# 2012 TCR SL Build



## lococarnitas (Sep 10, 2009)

Here's my new build. 
2012 TCR SL 
Giant carbon stem
Easton EC90 Aero
Enve (CycleOps Powertap SL+) 45 Clinchers 
2012 Sram Red Group
Selle Itallia SLR Carbino Flow
Look Keo Blade 

Everything should be here tomorrow except the cranks. Can't wait to compare it to my old 2007 TCR Advanced 2 with Ultegra.


----------



## Corsaire (Jun 2, 2006)

Custom painted by you?


----------



## lococarnitas (Sep 10, 2009)

No, I had it painted. The pictures don't do it justice.


----------



## Diopena1 (Jul 21, 2011)

HULK MAD!!!!!>.. ha ha, nice bike, it definitely stands out!


----------



## blueberry (Nov 29, 2008)

reminds me of a kind of frog.... interesting colour, really.


----------



## Gus90 (Apr 24, 2011)

Tree Frog likes....


----------



## Cinelli 82220 (Dec 2, 2010)

That is great! Reminds me of the old De Kerf mountain bikes in that color.

Please post pics when you put it all together.


----------



## adammyrf (Apr 7, 2012)

That is an awesome paint job


----------



## Guod (Jun 9, 2011)

Absolutely killer. What stem and handlebar are you using?

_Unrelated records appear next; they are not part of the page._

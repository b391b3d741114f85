-- ===== src/Vnet/Net/Ports.antt =====
-- vnet/net.go: which port a host assigns to a socket.
use transport.Prelude.{
  ℕ, zero, suc, ◌+◌, ◌-◌, ◌%◌, ◌≤◌, ◌<◌, ◌≡◌, ◌≢◌, refl, sym, ap, ◌∙◌, false, ltb, none, List, [],
  ◌∷◌, ◌⊎◌, inl, inr, arith, Bool-cases, Option-cases, none-ne-some,
}
use native.Mathlib.Nat.{mod-add-mod, mod-eq_of_lt, add-mod_right, mod-lt}
use transport.Vnet.Addr.{Ip, Addr}
use transport.Vnet.UdpConnMap.{UdpConnMap, local_addr, find}
use transport.Vnet.UdpConnMap.Laws.{find-same}
use transport.Vnet.PortList.{IsValid}
use transport.Vnet.NetState.{Net, port_space_exhausted}
use transport.Vnet.Net.{bind_ips, check_free, allocate, allocate_local_addr, try_ports, assign_port}

-- No socket takes the packets to any of these addresses.
abbrev pub AllFree : UdpConnMap → List Ip → ℕ → Type 0
AllFree m [] port = Unit
AllFree m (ip ∷ ips) port =
    ((find m (record { ip = ip; port = port })).0 ≡ none) × AllFree m ips port

check_free-same :
    (m : UdpConnMap) (ips : List Ip) (port : ℕ)
    → IsValid local_addr m
    → (check_free m ips port).1 ≡ m
unfolding check_free
check_free-same m [] port h = refl
check_free-same m (ip ∷ ips) port h = elim (Option-cases (find m a).0) [
  | inl free ↦ rw (free, check_free, find-same m a h) (check_free-same m ips port h)
  | inr (c, found) ↦ rw (found, check_free) (find-same m a h)
]
  where
    a : Addr
    a = record { ip = ip; port = port }

-- The loop finds no error exactly where all the addresses are free.
check_free-AllFree :
    (m : UdpConnMap) (ips : List Ip) (port : ℕ)
    → IsValid local_addr m
    → (((check_free m ips port).0 ≡ none) → AllFree m ips port)
      × (AllFree m ips port → (check_free m ips port).0 ≡ none)
unfolding check_free
check_free-AllFree m [] port h = (λ e. tt, λ f. refl)
check_free-AllFree m (ip ∷ ips) port h = elim (Option-cases (find m a).0) [
  | inl free ↦
      rw (free, check_free, find-same m a h)
        (
          λ e. (refl, (check_free-AllFree m ips port h).0 e),
          λ f. (check_free-AllFree m ips port h).1 f.1,
        )
  | inr (c, found) ↦
      rw (found, check_free)
        (λ e. absurd (none-ne-some (sym e)), λ f. absurd (none-ne-some (sym f.0)))
]
  where
    a : Addr
    a = record { ip = ip; port = port }

allocate-same :
    (m : UdpConnMap) (ips : List Ip) (port : ℕ) → IsValid local_addr m → (allocate m ips port).1 ≡ m
unfolding allocate
allocate-same m [] port h = refl
allocate-same m (ip ∷ ips) port h = check_free-same m (ip ∷ ips) port h

pub allocate_local_addr-same :
    (v : Net) (ip : Ip) (port : ℕ)
    → IsValid local_addr v.udp_conns
    → (allocate_local_addr v ip port).1 ≡ v
unfolding allocate_local_addr
allocate_local_addr-same v ip port h =
    ap (λ m. record v { udp_conns = m })
      (allocate-same v.udp_conns (bind_ips v.interfaces ip) port h)

-- The host has the address, or one of the same family where the address is 0.0.0.0 or ::, and no
-- socket takes the packets to it, or to any of those, at the port.
abbrev pub IsFree : Net → Ip → ℕ → Type 0
IsFree v ip port =
    (bind_ips v.interfaces ip ≢ []) × AllFree v.udp_conns (bind_ips v.interfaces ip) port

-- A port is given only where the host has the address, and no socket takes its packets.
pub allocate_local_addr-none :
    (v : Net) (ip : Ip) (port : ℕ)
    → IsValid local_addr v.udp_conns
    → (allocate_local_addr v ip port).0 ≡ none
    → IsFree v ip port
unfolding allocate_local_addr
allocate_local_addr-none v ip port h = go (bind_ips v.interfaces ip)
  where
    go :
        (ips : List Ip)
        → (allocate v.udp_conns ips port).0 ≡ none
        → (ips ≢ []) × AllFree v.udp_conns ips port
    go [] e = unfold allocate in absurd (none-ne-some (sym e))
    go (ip' ∷ ips) e =
        (λ z. cc, (check_free-AllFree v.udp_conns (ip' ∷ ips) port h).0 (unfold allocate in e))

-- And wherever that is so.
allocate_local_addr-IsFree :
    (v : Net) (ip : Ip) (port : ℕ)
    → IsValid local_addr v.udp_conns
    → IsFree v ip port
    → (allocate_local_addr v ip port).0 ≡ none
unfolding allocate_local_addr
allocate_local_addr-IsFree v ip port h (has, free) = go (bind_ips v.interfaces ip) has free
  where
    go :
        (ips : List Ip)
        → ips ≢ []
        → AllFree v.udp_conns ips port
        → (allocate v.udp_conns ips port).0 ≡ none
    go [] has' free' = absurd (has' refl)
    go (ip' ∷ ips) has' free' =
        unfold allocate in (check_free-AllFree v.udp_conns (ip' ∷ ips) port h).1 free'

-- Every number below `space` is met on the way round from any offset.
turn_of : (space offset r : ℕ) → r < space → (i : ℕ) × (i < space) × ((offset + i) % space ≡ r)
turn_of space offset r h = elim (Bool-cases (ltb r (offset % space))) [
  | inl before ↦ (
    r + space - offset % space,
    ground (arith, small),
    sym (mod-add-mod offset space (r + space - offset % space))
        ∙ ap (λ n. n % space) (ground (arith, small))
        ∙ add-mod_right r space
        ∙ mod-eq_of_lt h,
  )
  | inr after ↦ (
    r - offset % space,
    ground (arith, small),
    sym (mod-add-mod offset space (r - offset % space))
        ∙ ap (λ n. n % space) {x = offset % space + (r - offset % space)} (ground arith)
        ∙ mod-eq_of_lt h,
  )
]
  where
    small : offset % space < space
    small = mod-lt offset (omega arith)

-- The port of one turn.
abbrev port_at : ℕ → ℕ → ℕ → ℕ → ℕ
port_at start space offset j = (offset + j) % space + start

-- What the loop comes to in `left` turns from turn `i`.
try_ports_lem :
    (v : Net) (ip : Ip) (start space offset left i : ℕ)
    → IsValid local_addr v.udp_conns
    → ((j : ℕ) × (j < i + left)
        × (try_ports v ip start space offset left i ≡ (inr (port_at start space offset j), v))
        × ((allocate_local_addr v ip (port_at start space offset j)).0 ≡ none))
      ⊎ ((try_ports v ip start space offset left i ≡ (inl port_space_exhausted, v))
          × ((j : ℕ)
              → i ≤ j
              → j < i + left
              → (allocate_local_addr v ip (port_at start space offset j)).0 ≢ none))
unfolding try_ports
try_ports_lem v ip start space offset zero i h = inr (refl, λ j low high. absurd (omega arith))
try_ports_lem v ip start space offset (suc left) i h =
    elim (Option-cases (allocate_local_addr v ip (port_at start space offset i)).0) [
      | inl free ↦ inl (
        i,
        omega arith,
        rw (free, try_ports)
            (ap (λ w. (inr (port_at start space offset i), w)) (allocate_local_addr-same v ip _ h)),
        free,
      )
      | inr (e, busy) ↦
          rw (busy, try_ports, allocate_local_addr-same v ip (port_at start space offset i) h)
            (elim (try_ports_lem v ip start space offset left (i + 1) h) [
              | inl (j, below, found, free) ↦ inl (j, omega arith, found, free)
              | inr (exhausted, none_free) ↦ inr (
                exhausted,
                λ j low high. elim (Bool-cases (ltb i j)) [
                  | inl later ↦ none_free j (ground arith) (omega arith)
                  | inr now ↦ λ free. none-ne-some (
                      sym free
                      ∙ ap (λ k. (allocate_local_addr v ip (port_at start space offset k)).0)
                          {x = j} {y = i} (ground arith)
                      ∙ busy)
                ],
              )
            ])
    ]

-- The same as `assign_port_lem`, by what `allocate_local_addr` says.
pub assign_port-allocate :
    (intn : ℕ → ℕ) (v : Net) (ip : Ip) (start end : ℕ)
    → IsValid local_addr v.udp_conns
    → start ≤ end
    → ((port : ℕ) × (start ≤ port)
        × (port ≤ end)
        × (assign_port intn v ip start end ≡ (inr port, v))
        × ((allocate_local_addr v ip port).0 ≡ none))
      ⊎ ((assign_port intn v ip start end ≡ (inl port_space_exhausted, v))
          × ((port : ℕ) → start ≤ port → port ≤ end → (allocate_local_addr v ip port).0 ≢ none))
unfolding assign_port
assign_port-allocate intn v ip start end h range =
    rw ordered (elim (try_ports_lem v ip start space (intn space) space 0 h) [
      | inl (j, below, found, free) ↦ inl (
        port_at start space (intn space) j,
        omega arith,
        ground (arith, mod-lt (intn space + j) {m = space} (omega arith)),
        found,
        free,
      )
      | inr (exhausted, none_free) ↦
          inr (exhausted, λ port low high. in_turn none_free port low high)
    ])
  where
    ordered : ltb end start ≡ false
    ordered = ground arith

    space : ℕ
    space = end + 1 - start

    in_turn :
        ((j : ℕ)
          → 0 ≤ j
          → j < 0 + space
          → (allocate_local_addr v ip (port_at start space (intn space) j)).0 ≢ none)
        → (port : ℕ) → start ≤ port
        → port ≤ end
        → (allocate_local_addr v ip port).0 ≢ none
    in_turn none_free port low high free =
        let (j, below, met) = turn_of space (intn space) (port - start) (omega arith) in
        none_free j (omega arith) (ground (arith, below)) (
          ap (λ n. (allocate_local_addr v ip n).0) {x = port_at start space (intn space) j}
            {y = port} (ground (arith, met))
          ∙ free)

-- A host with a valid connection map, asked for a port from `start` to `end`, where `start` is not
-- above `end`, either gives one of them that is free for the address, or reports that the ports are
-- exhausted, and then none of them is free for it, whatever number math/rand chose to begin with. A
-- port is free where the host has the address, or one of the same family where the address is 0.0.0.0
-- or ::, and no socket takes the packets to it, or to any of those. The host stays as it is.
pub assign_port_lem :
    (intn : ℕ → ℕ) (v : Net) (ip : Ip) (start end : ℕ)
    → IsValid local_addr v.udp_conns
    → start ≤ end
    → ((port : ℕ) × (start ≤ port)
        × (port ≤ end)
        × (assign_port intn v ip start end ≡ (inr port, v))
        × IsFree v ip port)
      ⊎ ((assign_port intn v ip start end ≡ (inl port_space_exhausted, v))
          × ((port : ℕ) → start ≤ port → port ≤ end → ¬ IsFree v ip port))
assign_port_lem intn v ip start end h range =
    elim (assign_port-allocate intn v ip start end h range) [
      | inl (port, low, high, found, free) ↦
          inl (port, low, high, found, allocate_local_addr-none v ip port h free)
      | inr (exhausted, none_free) ↦ inr (
        exhausted,
        λ port low high free. none_free port low high (allocate_local_addr-IsFree v ip port h free),
      )
    ]

-- So that the host stays as it is.
pub assign_port-same :
    (intn : ℕ → ℕ) (v : Net) (ip : Ip) (start end : ℕ)
    → IsValid local_addr v.udp_conns
    → start ≤ end
    → (assign_port intn v ip start end).1 ≡ v
assign_port-same intn v ip start end h range = elim (assign_port_lem intn v ip start end h range) [
  | inl (port, low, high, found, free) ↦ ap (λ r. r.1) found
  | inr (exhausted, none_free) ↦ ap (λ r. r.1) exhausted
]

NM...I was too enthralled with the awesome of the paint job, didn't see you had all that listed!


----------



## lococarnitas (Sep 10, 2009)

Here's the completed bike. Well almost. The saddle has been changed to Fizik Curve. Which I highly recommend. The SLR was way to hard on the bum. The new red sram works beautifully. I love the bike. It has a very solid feeling. The color is hard to capture on camera. Its a lime green with a hint of gold metallic. The Giant and TCR logos are clear carbon. It's definitely different looking.


----------



## chancellor (Mar 24, 2012)

nice one


----------



## MTG90 (Apr 7, 2012)

Great job. If it were a factory painted model, there'd be about a dozen more GIANT decals on it.


----------



## ALIHISGREAT (Dec 21, 2011)

very nice! i've always liked green bikes ->does need a few more black decals to balance it out though.


----------



## egman476 (Jul 6, 2008)

How did you get the logos to come out so well?


----------



## lococarnitas (Sep 10, 2009)

The guy that painted the bike created a stencil. I believe he uses a vinyl cutter. The logos are the raw carbon with clear over it. They look trick.


----------



## egman476 (Jul 6, 2008)

Ya it looks great! Much better then the stock colors. I'm guessing that painting voids the warranty though? I am looking into getting a tcr sl and painting it also, but with my luck I'll probably crack the frame within a month after painting it haha


----------



## bmwk100 (Apr 17, 2011)

That is a real cool bike! Enjoy.


----------